The quantitative PCR procedure was a modification of a Fluidigm protocol (Fluidigm Corporation, 2 Tower Place, Suite 2000, South San Francisco, CA 94080, MicroRNA Real-Time PCR Using Dynamic Array IFCs, PN 100-1616 C1). The 10 µL RT reaction was composed of the following (µL): RT primer pool (0.05x) 4.0, 100mM dNTPs (with dTTP) 0.2, multiScribe reverse transcriptase (50 U/µL) 1.5, 10X reverse transcription buffer 1.0, RNase inhibitor (20 U/µL) 0.13, Nuclease-free water 0.17, total RNA 3.0. The RT reaction was performed in a thermocycler: 16 °C for 2 min, 42 °C for 1 min, and 50 °C for 1 sec, repeat these three steps for 40 cycles; then 85 °C for 5 min; then hold at 4 °C. The 5 µL of preamplification mixture contained the following (µL): TaqMan preAmp master mix (2X) 2.5, PreAmp primer pool 1.0, RT product 1.5. The preamplification reaction was performed using the following condition: 95 °C 10 min, 55 °C for 2 min, 72 °C for 2 min, 18 cycles of (95 °C for 15 sec, 60 °C for 4 min), 99.9 °C for 10 min, then hold at 4 °C. The preamplification products were diluted 10-fold by adding 45 µL of 0.1xTE to 5 µL of preamplification product and used for subsequent real-time quantitative PCR run on the Biomark High Density platform.
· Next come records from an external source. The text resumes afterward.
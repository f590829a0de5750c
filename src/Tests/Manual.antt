-- ===== src/Tests/Manual.antt =====
-- Cases of the theorems on a request for the queue and on a retry by hand.
use katalog_manager.Base.{
  false, ◌≡◌, refl, true, none, some, List, [], ◌∷◌, arith, count, suc, any, ◌==◌, ◌≤◌, ◌+◌,
}
use katalog_manager.Base.Text.{codes}
use katalog_manager.Processing.Vocab.{done, tidb}
use katalog_manager.Processing.Table.{find_row, has_key, same_key}
use katalog_manager.Processing.Vocab.{same_step}
use katalog_manager.Processing.Table.{Row}
use katalog_manager.Retry.Claim.{claim, claim_step, is_idle}
use katalog_manager.Retry.Manual.{
  Room, retry_triggered, retry_claimed, refuse_retry, left_alone, is_status, why_not,
}
use katalog_manager.Retry.Claim.{is_retryable}
use katalog_manager.Retry.Claim.Once.{has_id}
use katalog_manager.Retry.Failed.{Total, retry_failed, retried_all}
use katalog_manager.Retry.Failed.Rounds.{retry_failed-ends}
use katalog_manager.Retry.Queue
use katalog_manager.Retry.Queue.{is_sent, unqueueable_of, unencodable, blocked}
use katalog_manager.Retry.Queue.Enqueue.{
  Names, Request, title, enqueue, picks_of, pick_names, pick_name, pick_kind, pick_all, pick, taken,
  is_active_of,
}
use katalog_manager.Retry.Queue.Enqueue.Once.{IsOnce, enqueue-IsOnce}
use katalog_manager.Tests.Samples.{failed_once, facts, three_runs, row_of_step, catalog, takes_all}
use katalog_manager.Processing.Table.{update_where}
use katalog_manager.Base.{keep}
use katalog_manager.Retry.Trigger.{trigger}

abbrev room : Room
room = record { step_table = true; bus = true; sources = true; catalog = catalog }

abbrev done_rows : List Row
done_rows = row_of_step 1 tidb done ∷ []

done_left :
    retry_triggered takes_all (λ e. codes "not sent") room three_runs 50 7 tidb done_rows
    ≡ (done_rows, left_alone (is_status done 1))
unfolding retry_triggered retry_claimed refuse_retry claim claim_step is_idle find_row has_key
    same_key same_step why_not update_where keep trigger
done_left = refl

abbrev names : Names
names = record {
  holder = λ i. i;
  kind_of = λ i. some title;
  episodes_of = λ i. [];
  held_titles = 7 ∷ [];
  all_titles = 7 ∷ 8 ∷ [];
  facts = facts;
}

abbrev request : Request
request = record { items = some 7 ∷ some 7 ∷ []; held = true; all = true }

empty-IsOnce : IsOnce []
unfolding count
empty-IsOnce item = omega arith

enqueue-IsOnce_example :
    let p = picks_of names request in
    let qs' = (enqueue names 1 request []).0 in
    (count (λ t. t.0 == 8) p.titles + count (λ t. t.0 == 8) p.skipped ≤ 1)
    × ((any (λ t. t.0 == 8) p.titles ≡ true)
        → unqueueable_of facts 8 ≡ none
        → any (is_active_of 8) qs' ≡ true)
    × (count (is_active_of 8) qs' ≤ 1)
enqueue-IsOnce_example = enqueue-IsOnce names 1 request [] empty-IsOnce 8

two_picked : (picks_of names request).titles ≡ (7, Queue.by_items) ∷ (8, Queue.by_all) ∷ []
unfolding picks_of pick_names pick_name pick_kind pick_all pick taken
two_picked = refl

eight_queued : unqueueable_of facts 8 ≡ none
unfolding unqueueable_of unencodable blocked
eight_queued = refl

abbrev sent_entry : Queue.Entry
sent_entry = record {
  id = 1;
  item = 7;
  seq = 1;
  selection = Queue.by_items;
  state = Queue.sent;
  reason = none;
  sent_at = some 2;
  done_at = none;
}

retry_failed-ends_example :
    let test = is_retryable catalog true none in
    (after : List Row) × (total : Total) × (retry_failed
        (λ k. takes_all)
        (λ e. codes "not sent")
        (λ k. 50)
        room
        false
        (suc (count test (failed_once ∷ [])))
        none
        (failed_once ∷ [])
      ≡ some (after, retried_all total))
    × (total.unsent ≡ 0 → count test after ≡ 0)
retry_failed-ends_example =
    retry_failed-ends (λ k. takes_all) (λ e. codes "not sent") (λ k. 50) room none
      (failed_once ∷ []) refl refl (unfold has_id in (refl, tt))
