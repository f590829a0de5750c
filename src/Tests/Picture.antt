-- ===== src/Tests/Picture.antt =====
-- Cases of the picture areas' theorems.
use katalog_manager.Base.{◌≡◌, refl, true, false, Option, none, some}
use katalog_manager.Base.Text.{Text, codes, trim_space, trim_left, trim_right, is_space}
use katalog_manager.Picture.Report.{
  Report, Size, Rect, Numbers, raw_none, measured, failed, leaves, state, state_of, bad_frame,
  outside_frame,
}
use katalog_manager.Picture.Area.{Area, hour, lapsed}
use katalog_manager.Picture.Record.{
  Named, new_area, record_report, record_unless, record_kept, record_as, kept, refuses,
}
use katalog_manager.Picture.Record.Kept.{IsWhole, record_report-IsWhole, record_report-failure}

abbrev no_numbers : Numbers
no_numbers = record {
  samples = none;
  informative = none;
  duration_ms = none;
  seconds = none;
  cpu_seconds = none;
  bytes_read = none;
}

abbrev full_frame : Size
full_frame = record { width = 1920; height = 1080 }

abbrev wide_area : Rect
wide_area = record { x = 0; y = 140; width = 1920; height = 800 }

-- A measurement of the claim t.
abbrev wide : Report
wide = record {
  path = codes "/m";
  method = codes "";
  token = codes "t";
  frame = some full_frame;
  area = some wide_area;
  numbers = no_numbers;
  measured_on = none;
  sampling = raw_none;
  video = raw_none;
  decoder = codes "";
  sides = raw_none;
  reason = codes "";
  error = codes "";
  released = false;
}

abbrev broken : Report
broken = record wide { error = codes "no file" }

wide_measured : state wide ≡ leaves measured
unfolding state state_of bad_frame outside_frame trim_space trim_left trim_right is_space
wide_measured = refl

broken_failed : state broken ≡ leaves failed
unfolding state trim_space trim_left trim_right is_space
broken_failed = refl

abbrev movie : Named
movie = record {
  of_item = true;
  known = true;
  covered_by = false;
  own_frame = true;
  item = 7;
  file = record { source = none; version = none; package_id = none };
  current = true;
}

-- A movie claimed, with nothing measured yet.
abbrev claimed_area : Area
claimed_area = record (new_area movie 5) { claimed_at = some 5; claim_token = some (codes "t") }

-- The same, measured.
abbrev measured_area : Area
measured_area = record_as (λ r. none) hour wide 7 movie.file 10 true (leaves measured) claimed_area

no_sampling : Report → Option Text
no_sampling r = none

claimed_area-IsWhole : IsWhole claimed_area
unfolding new_area
claimed_area-IsWhole = record {
  area_measured = refl;
  frame_measured = λ h. absurd (cc h);
  reason_measured = λ h. absurd (cc h);
  reason_told = λ h. absurd (cc h);
}

abbrev wide_kept : Area
wide_kept = record_as no_sampling hour wide 7 movie.file 10 true (state wide) claimed_area

wide_recorded : record_report no_sampling hour movie wide 10 (some claimed_area) ≡ kept wide_kept
unfolding record_report record_unless record_kept refuses new_area state state_of bad_frame
    outside_frame trim_space trim_left trim_right is_space
wide_recorded = refl

record_report-IsWhole_example : IsWhole wide_kept
record_report-IsWhole_example =
    record_report-IsWhole no_sampling hour movie wide 10 claimed_area wide_kept claimed_area-IsWhole
      wide_recorded

abbrev broken_kept : Area → Area
broken_kept k = record_as no_sampling hour broken 7 movie.file 20 true (state broken) k

abbrev known_area : Area
known_area = record claimed_area {
  state = measured;
  area = some wide_area;
  frame_width = some 1920;
  frame_height = some 1080;
}

broken_recorded :
    record_report no_sampling hour movie broken 20 (some known_area) ≡ kept (broken_kept known_area)
unfolding record_report record_unless record_kept refuses new_area state trim_space trim_left
    trim_right is_space
broken_recorded = refl

record_report-failure_example :
    ((broken_kept known_area).area ≡ some wide_area)
    × ((broken_kept known_area).state ≡ measured)
    × ((broken_kept known_area).reason ≡ none)
    × ((broken_kept known_area).next_attempt ≡ none)
    × ((broken_kept known_area).failures ≡ 1)
unfolding lapsed trim_space trim_left trim_right is_space new_area
record_report-failure_example =
    record_report-failure no_sampling hour movie broken 20 known_area (broken_kept known_area)
      broken_failed refl refl broken_recorded

broken_first :
    record_report no_sampling hour movie broken 20 (some claimed_area)
    ≡ kept (broken_kept claimed_area)
unfolding record_report record_unless record_kept refuses new_area state trim_space trim_left
    trim_right is_space
broken_first = refl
The 10X assays were prepared by combining 3 µL of 20x TaqMan miRNA assay (Life Technologies) and 3 µL of 2x Assay loading reagent (Fluidigm 100-7611), resulting in final concentration (at 10x) of primers at 9 µM and probe at 2 µM. Samples were prepared by combining 3 µL of 2x master mix (TaqMan Fast Advanced Master Mix, Life Technologies 4444557), 0.3 µL of 20x GE Sample Loading Reagent (Fluidigm 100-7610), and 2.7 µL of 10x diluted preamplification product. For the Fast TaqMan assays (Biomark High Density only, 100-6174 C1): 3 µL of each assay and 3 µL of each sample were loaded into the respective inlets on the 192.24 IFC. RT-qPCR results, which are expressed as raw Ct values, were normalized to three reference miRNAs miR-16, miR-103, and miR-30e. The relative expression (fold change) was calculated using the 2−ΔCt method.
Statistical Analysis
Data were analyzed using GraphPad Prism v7.03 (GraphPad, San Diego CA) using unpaired t-tests. Pearson correlation coefficients were calculated for each marker relative to neuropathy score (CMTES-R, CMTES-N, Ulnar CMAP, Ulnar MNCV). The TMPRSS5, NfL, and miRNA-206, -133a and -223-3p ROC (receiver operating characteristic) curves and AUC (area under the curve) calculations were generated using GraphPad Prism v7.03.
Usage notes
The file contains Ct data from qRT-PCR for selected microRNA's in human plasma samples. Three of the miRNA's had been used for normalization purposes, as noted above. Other columns include de-identified patient numbers, diagnosis (CMT1A or control) and the CMTES/CMTNS neuropathy scores and Rasch-modified derivatives. In addition, age, nerve conduction velocity and compound muscle action potentials are provided. Missing values indicate that a given miRNA was not detected in a specific sample.